Sole Proprietor – Tips to help you if you file your income on Schedule C of your 1040
Updated: Jun 3, 2019
The purpose of this article is to help Sole proprietors understand how their deduction choices will affect the income calculation lenders use, so that you have the information necessary to determine if a deduction will hurt your ability to get a home loan.
There is a simple Excel calculator on the Calculators Tab that you can use to easily calculate the income a lender will use to qualify you for a home loan. The tips below help explain the calculation.
Small businesses typically file a Schedule C of the Federal tax form 1040. Many of those businesses are home-based. If you work from home and have a space dedicated to your business, the IRS allows you to use the “Business Use of Home” write-off on Line 30 of Schedule C. This is an advantage when you apply for a home loan because lenders add that back to their income calculation.
Some accountants think that using the Business Use of Home write-off may trigger an audit. Others say that is nonsense. Those who think it may trigger an audit break up the home office expenses into other categories (Rent and Utilities). The problem with this approach is that lenders do not add back Rent and Utilities. Those expenses usually apply when you rent a space outside your home.
The reason we add back “Business Use of Home” is that we already account for the full housing payment in our calculation. We don’t need to “double hit” you for the same expense.
The lesson is that if you can legitimately deduct Business Use of Home, it benefits you from a tax perspective but does not hurt you when you apply for a home loan.
There is a full article about this subject in the Insider Secrets for Self-employed People section. Briefly, you can write off 50% of your business meals expense, but lenders deduct 100% of the expense. So, it does not benefit you to be aggressive in the Meals deduction section.

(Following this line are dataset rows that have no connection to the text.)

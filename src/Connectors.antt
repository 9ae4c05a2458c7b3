-- ===== src/Connectors.antt =====
-- src/ccreport/connectors/base.py: what every mail connector hands out, and the read-only interface
-- of a connector. The providers behind it are not modelled: a connector is any record of this type.
use ccreport.Prelude.{
  ℕ, Bool, true, false, ◌||◌, Option, none, some, List, [], ◌∷◌, keep, if◌then◌else◌, any,
}
use ccreport.Prelude.Int.{ℤ}
use ccreport.Prelude.Texts.{Text, codes, text_eq, lower, starts_with, ends_with}
use ccreport.Errors.{Result}

-- An attachment that is known to exist.
pub record AttachmentRef : Type 0 where
  pub id : ℕ
  pub filename : Text
  pub content_type : Option Text
  pub size_bytes : Option ℕ
  pub inline : Bool
  pub content_id : Option Text

abbrev pub media_suffixes : List Text
media_suffixes =
    codes ".pdf"
    ∷ codes ".jpg"
    ∷ codes ".jpeg"
    ∷ codes ".png"
    ∷ codes ".heic"
    ∷ codes ".heif"
    ∷ codes ".webp"
    ∷ codes ".tif"
    ∷ codes ".tiff"
    ∷ []

-- `value or ""`
abbrev pub or_empty : Option Text → Text
or_empty none = []
or_empty (some s) = s

unfoldable pub is_probably_receipt_media : AttachmentRef → Bool
is_probably_receipt_media ref =
    let ctype = lower (or_empty ref.content_type) in
    let name = lower ref.filename in
    if ref.inline
    then false
    else (if starts_with ctype (codes "image/") || text_eq ctype (codes "application/pdf")
        then true
        else any (ends_with name) media_suffixes)

-- A downloaded attachment; the content is a list of bytes.
pub record Attachment : Type 0 where
  pub ref : AttachmentRef
  pub content : List ℕ

pub record MessageHeader : Type 0 where
  pub id : ℕ
  pub account_id : Option Text
  pub folder_id : Option Text
  pub subject : Text
  pub from_name : Option Text
  pub from_address : Option Text
  pub to : List Text
  pub received_at : Option ℕ
  pub has_attachments : Bool
  pub attachment_refs : List AttachmentRef
  pub snippet : Text
  pub web_link : Option Text
  pub receipt_score : ℤ
  pub likely_receipt : Bool
  pub amount_hint_cents : Option ℤ
  pub currency_hint : Option Text
  pub vendor_hint : Option Text
  pub matched_signals : List Text

unfoldable pub receipt_media_refs : List AttachmentRef → List AttachmentRef
receipt_media_refs refs = keep is_probably_receipt_media refs

pub record MessageBody : Type 0 where
  pub id : ℕ
  pub html : Option Text
  pub text : Option Text
  pub mime : Option (List ℕ)

-- The methods of `MailConnector` that submission uses; each asks the provider and may raise.
pub record MailConnector : Type 0 where
  pub attachment_refs : ℕ → Result (List AttachmentRef)
  pub fetch_body : ℕ → Result MessageBody
  pub fetch_attachment : ℕ → ℕ → Result Attachment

Depreciation and Amortization
Most lenders add back expenses deducted as Depreciation, Amortization and Depletion because those are non-cash deductions (i.e. they are not actual dollars out of your pocket). If you have significant Amortization deductions, I recommend that you ask your lender if they add that back before you apply for a home loan with them. For some reason that I do not understand, some banks aren’t smart enough to know that Amortization is a non-cash deduction like Depreciation.
Lenders add back the mileage deduction at the IRS allowed rate. As of 2019 that is 25 cents per mile. I am surprised how many clients don’t take advantage of the mileage expense deduction. If you keep track of the miles used exclusively for business and write it off, that will not hurt your home loan income calculation.